Summary: Are you feeling like a loser? Are you feeling in over your head? Maybe God has something to say to you in Psalm 130
Reading of the Word: Psalm 130
130 From the depths of my despair I call to you, LORD.
2 Hear my cry, O Lord; listen to my call for help!
3 If you kept a record of our sins, who could escape being condemned?
4 But you forgive us, so that we should stand in awe of you.
5 I wait eagerly for the LORD's help, and in his word I trust.
6 I wait for the Lord more eagerly than sentries wait for the dawn— than sentries wait for the dawn.
7 Israel, trust in the LORD, because his love is constant and he is always willing to save.
8 He will save his people Israel from all their sins.
This is the word of the Lord
Thanks be to God
Hymn of Preparation: What a Friend We Have in Jesus
A Sermon for Losers
I remember watching the movie Top Gun, when the guys were talking about the trophy for the first place person. Someone else asked about where the second place trophy was – someone else commented – downstairs in the Ladies room.
That is right, we adore first place, and we do NOT respect losers.

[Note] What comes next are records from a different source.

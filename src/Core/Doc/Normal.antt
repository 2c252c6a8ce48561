-- ===== src/Core/Doc/Normal.antt =====
-- packages/core/core/domain/types.py: a document's text is in normal form.
use mathlib.Core.List.{reverse, reverse-reverse, reverse-cons}
use docs_pe.Common.{
  ℕ, zero, suc, ◌-◌, ◌≡◌, refl, ◌∙◌, ap, Bool, true, ◌&&◌, some, [], ◌∷◌, ◌++◌, Text, length, all,
  length-append, arith, Bool-cases, inl, inr,
}
use docs_pe.Common.Unicode.{Unicode, strip, lstrip}
use docs_pe.Core.Doc.{DocKind, Doc, dni, ruc, is_ruc, is_dni, zeros, normalized, parse_doc}

all-append : (p : ℕ → Bool) (s t : Text) → all p (s ++ t) ≡ (all p s && all p t)
all-append p [] t = refl
all-append p (c ∷ s) t = ground (arith, all-append p s t)

all-reverse : (p : ℕ → Bool) (t : Text) → all p (reverse t) ≡ all p t
all-reverse p [] = refl
all-reverse p (c ∷ t) =
    ap (all p) (reverse-cons c t)
    ∙ ground (arith, all-append p (reverse t) (c ∷ []), all-reverse p t)

length-zeros : (n : ℕ) → length (zeros n) ≡ n
length-zeros zero = refl
length-zeros (suc n) = ap suc (length-zeros n)

module _ (u : Unicode) where
  all-zeros : (n : ℕ) → all u.is_digit (zeros n) ≡ true
  all-zeros zero = refl
  all-zeros (suc n) = ground (arith, all-zeros n, u.zero_digit)

  lstrip_digits : (t : Text) → all u.is_digit t ≡ true → lstrip u t ≡ t
  unfolding lstrip
  lstrip_digits [] h = refl
  lstrip_digits (c ∷ t) h = ground (arith, u.digit_not_space c)

  strip_digits : (t : Text) → all u.is_digit t ≡ true → strip u t ≡ t
  unfolding strip
  strip_digits t h =
      rw (lstrip_digits t h)
        (rw (lstrip_digits (reverse t) (all-reverse u.is_digit t ∙ h)) (reverse-reverse t))

  -- The digits that a document's kind has.
  abbrev pub digits_of : DocKind → ℕ
  digits_of dni = 8
  digits_of ruc = 11

  pub normalized_shape :
      (t : Text) (d : Doc)
      → normalized u t ≡ some d
      → (all u.is_digit d.value ≡ true) × (length d.value ≡ digits_of d.kind)
  unfolding normalized
  normalized_shape t d h = elim (Bool-cases (is_ruc u t)) [
    | inl r ↦ ground arith
    | inr r ↦ elim (Bool-cases (is_dni u t)) [
      | inl s ↦ ground (
        arith,
        all-append u.is_digit (zeros (8 - length t)) t,
        length-append (zeros (8 - length t)) t,
        length-zeros (8 - length t),
        all-zeros (8 - length t),
      )
      | inr s ↦ absurd (ground arith)
    ]
  ]

  normalized_digits :
      (t : Text) (k : DocKind)
      → all u.is_digit t ≡ true
      → length t ≡ digits_of k
      → normalized u t ≡ some (record { value = t; kind = k })
  unfolding normalized
  normalized_digits t ruc a l = ground (arith, l)
  normalized_digits t dni a l =
      let none_added : 8 - length t ≡ 0 = omega (arith, l) in ground (arith, l, ap zeros none_added)

  -- Whatever text a document was read from, its own text has the eight or eleven digits of its kind,
  -- and reading that text gives the same document.
  pub parse_doc_normal :
      (value : Text) (d : Doc)
      → parse_doc u value ≡ some d
      → (all u.is_digit d.value ≡ true)
        × (length d.value ≡ digits_of d.kind)
        × (parse_doc u d.value ≡ some d)
  unfolding parse_doc
  parse_doc_normal value d h =
      let (a, l) = normalized_shape (strip u value) d h in
      (a, l, ap (normalized u) (strip_digits d.value a) ∙ normalized_digits d.value d.kind a l)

And yet, in this world, we can guarantee that even if we are first this time, there will come a day when someone passes us up. Every single one of us is a loser, now or sometime. We cannot always be the best, be perfect.

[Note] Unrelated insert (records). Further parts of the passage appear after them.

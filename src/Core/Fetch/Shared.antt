-- ===== src/Core/Fetch/Shared.antt =====
-- packages/core/core/pipeline/fetch.py with breaker.py: what a lane tells the breaker.
use docs_pe.Common.{
  ℕ, zero, suc, ◌+◌, ◌≡◌, refl, ◌⊎◌, inl, inr, Option, none, some, List, [], ◌∷◌, ◌++◌, leb, arith,
  Bool-cases,
}
use docs_pe.Core.Doc.{Doc}
use docs_pe.Core.Types.{Status, Row, AttemptOutcome}
use docs_pe.Core.Breaker.{Clock, CircuitBreaker, Outcome, record_outcome, replay}
use docs_pe.Core.Session.{Exc, WorkerSession, WorkerState, ensure_session}
use docs_pe.Core.Policy.{max_attempts}
use docs_pe.Core.Fetch.Attempts.{last_attempt}
use docs_pe.Core.Fetch.{
  Reply, Lane, LaneState, Fetched, is_not_found, try_lookup, looked, answered, failed_attempt,
  answer, conclude, rounds, fetch_one,
}

-- What the breaker is told while an attempt runs: by the other lanes, then of this attempt, then
-- by the other lanes again if the attempt failed.
abbrev pub told_by : Reply → Outcome → List (Clock × Outcome)
told_by r Outcome.success = r.others_before ++ ((r.now, Outcome.success) ∷ [])
told_by r Outcome.failure = r.others_before ++ ((r.now, Outcome.failure) ∷ r.others_closing)

abbrev pub told_status : Status → Outcome
told_status Status.failed = Outcome.failure
told_status Status.ok = Outcome.success
told_status Status.not_found = Outcome.success

abbrev pub told : AttemptOutcome → Outcome
told a = told_status a.status

-- The history of the breaker that a list of attempts stands for.
abbrev pub history : (ℕ → Reply) → List AttemptOutcome → List (Clock × Outcome)
history replies [] = []
history replies (a ∷ rest) = told_by (replies a.attempt) (told a) ++ history replies rest

pub replay-append :
    (xs ys : List (Clock × Outcome)) (b : CircuitBreaker)
    → replay (xs ++ ys) b ≡ replay ys (replay xs b)
unfolding replay
replay-append [] ys b = refl
replay-append ((now, o) ∷ xs) ys b = replay-append xs ys (record_outcome now o b)

history-append :
    (replies : ℕ → Reply) (xs : List AttemptOutcome) (a : AttemptOutcome) (b : CircuitBreaker)
    → replay (history replies (xs ++ (a ∷ []))) b
      ≡ replay (told_by (replies a.attempt) (told a)) (replay (history replies xs) b)
unfolding replay
history-append replies [] a b =
    ground (arith, replay-append (told_by (replies a.attempt) (told a)) [] b)
history-append replies (x ∷ xs) a b =
    rw
      (
        replay-append (told_by (replies x.attempt) (told x)) (history replies (xs ++ (a ∷ []))) b,
        replay-append (told_by (replies x.attempt) (told x)) (history replies xs) b,
      )
      (history-append replies xs a (replay (told_by (replies x.attempt) (told x)) b))

-- The breaker of a lane's state is the one that its attempts stand for.
abbrev pub IsShared : (ℕ → Reply) → CircuitBreaker → LaneState → Type 0
IsShared replies b s = s.breaker ≡ replay (history replies s.attempts) b

looked-IsShared :
    (l : Lane) (r : Reply) (s : LaneState) (x : (Exc ⊎ WorkerSession) × WorkerState)
    (replies : ℕ → Reply) (b : CircuitBreaker)
    → IsShared replies b s
    → IsShared replies b (looked l r s x).1
looked-IsShared l r s (inl e, w) replies b h = h
looked-IsShared l r s (inr v, w) replies b h = h

answer-IsShared :
    (l : Lane) (doc : Doc) (attempt : ℕ) (status : Status) (rows : List Row) (s : LaneState)
    (m : Option WorkerSession) (replies : ℕ → Reply) (b : CircuitBreaker)
    → told_status status ≡ Outcome.success
    → IsShared replies b s
    → IsShared replies b (answer l doc attempt status rows (replies attempt) s m).1
unfolding answered replay record_outcome
answer-IsShared l doc attempt status rows s none replies b t h = h
answer-IsShared l doc attempt status rows s (some w) replies b t h =
    let r = replies attempt in
    let a : AttemptOutcome = record {
      attempt = attempt;
      status = status;
      elapsed_ms = r.elapsed_ms;
      error_code = [];
    } in
    rw
      (
        history-append replies s.attempts a b,
        t,
        replay-append r.others_before ((r.now, Outcome.success) ∷ [])
            (replay (history replies s.attempts) b),
        h,
      )
      refl

failed_attempt-IsShared :
    (l : Lane) (attempt : ℕ) (e : Exc) (s : LaneState) (replies : ℕ → Reply) (b : CircuitBreaker)
    → IsShared replies b s
    → IsShared replies b (failed_attempt l attempt e (replies attempt) s)
unfolding failed_attempt replay record_outcome
failed_attempt-IsShared l attempt e s replies b h =
    let r = replies attempt in
    let a = last_attempt attempt e r l in
    rw
      (
        history-append replies s.attempts a b,
        replay-append r.others_before ((r.now, Outcome.failure) ∷ r.others_closing)
            (replay (history replies s.attempts) b),
        h,
      )
      refl

conclude-IsShared :
    (l : Lane) (doc : Doc) (attempt : ℕ) (next : LaneState → Fetched × LaneState)
    (x : (Exc ⊎ List Row) × LaneState) (replies : ℕ → Reply) (b : CircuitBreaker)
    → IsShared replies b x.1
    → ((s : LaneState) → IsShared replies b s → IsShared replies b (next s).1)
    → IsShared replies b (conclude l doc attempt (replies attempt) next x).1
conclude-IsShared l doc attempt next (inr rows, s) replies b h k =
    answer-IsShared l doc attempt Status.ok rows s s.session replies b refl h
conclude-IsShared l doc attempt next (inl e, s) replies b h k =
    let s' = failed_attempt l attempt e (replies attempt) s in
    let h' = failed_attempt-IsShared l attempt e s replies b h in
    elim (Bool-cases (is_not_found e)) [
      | inl met ↦
          rw met (answer-IsShared l doc attempt Status.not_found [] s s.session replies b refl h)
      | inr other ↦ elim (Bool-cases (leb max_attempts attempt)) [
        | inl last ↦ rw (other, last) h'
        | inr more ↦ rw (other, more) (k s' h')
      ]
    ]

rounds-IsShared :
    (fuel : ℕ) (l : Lane) (doc : Doc) (replies : ℕ → Reply) (attempt : ℕ) (s : LaneState)
    (b : CircuitBreaker)
    → IsShared replies b s
    → IsShared replies b (rounds fuel l doc replies attempt s).1
unfolding rounds try_lookup
rounds-IsShared zero l doc replies attempt s b h = h
rounds-IsShared (suc fuel) l doc replies attempt s b h =
    let r = replies attempt in
    conclude-IsShared l doc attempt (rounds fuel l doc replies (attempt + 1)) (try_lookup l r s)
      replies b (looked-IsShared l r s (ensure_session r.closing r.opening s.worker) replies b h)
      (λ s' h'. rounds-IsShared fuel l doc replies (attempt + 1) s' b h')

-- The breaker that `fetch_one` leaves is the one that results when each attempt, in order, tells it
-- one outcome: a failure for a failed attempt, a success for an answer of the site, also when the
-- answer is that the document is unknown; with what the other lanes tell it in between.
pub fetch_one-IsShared :
    (l : Lane) (doc : Doc) (replies : ℕ → Reply) (worker : WorkerState) (breaker : CircuitBreaker)
    → (let s = (fetch_one l doc replies worker breaker).1 in
        s.breaker ≡ replay (history replies s.attempts) breaker)
unfolding fetch_one replay
fetch_one-IsShared l doc replies worker breaker =
    rounds-IsShared max_attempts l doc replies 1
      (record { worker = worker; breaker = breaker; session = none; attempts = [] }) breaker refl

This psalm was written for us, because it addresses exactly that fact. In God’s world of perfection, we will never be perfect. We will always fall short.
I’d like to use three words to guide us through this psalm – using the acronym ACT. We need to ADMIT we are in over our head. We need to CONFESS our problems. We need to TRUST that God will save us.
The first word I want us to consider is the A of Act. We need to ADMIT we are in over our heads.
I know that all of you think of me as a native Californian. I’m not. I didn’t even show up in California until I was 15 years old. My Dad is retired Air Force, and I was a lot of other places, but I had never even been to the ocean until that summer, the summer after my freshman year in high school.
This is a time when teens like to look cool and act cool. And so when our Youth Group had a swim party at the beach, I was jazzed. I mean, I’d been in pools, how hard could it be? We went to Big Corona and this has an interesting configuration where you swim out to the reef, then body surf back to the shore. In between, the water is deep. I swam out and hung out on the reef for awhile, enjoying the lift of the waves.
What I didn’t realize was how exhausting the waves and motion were. And when I went to swim back to shore, I realized I was in over my head. Every time I tried to come up for air, another wave broke over my head. I couldn’t sort out this whole ocean thing.
But until I was willing to ADMIT I was in trouble, there wasn’t any way I could get help. At one point I remember looking up and realizing that if I didn’t do something, I probably would never make it to shore.
So the second word here in this Psalm is CONFESS. At this point I finally confessed to all of my brand new California friends that I was a wimp. I called for help. Strangely enough, my brother, also a newbie to the ocean was nearby, and I remember him calling out, “Somebody help my sister!”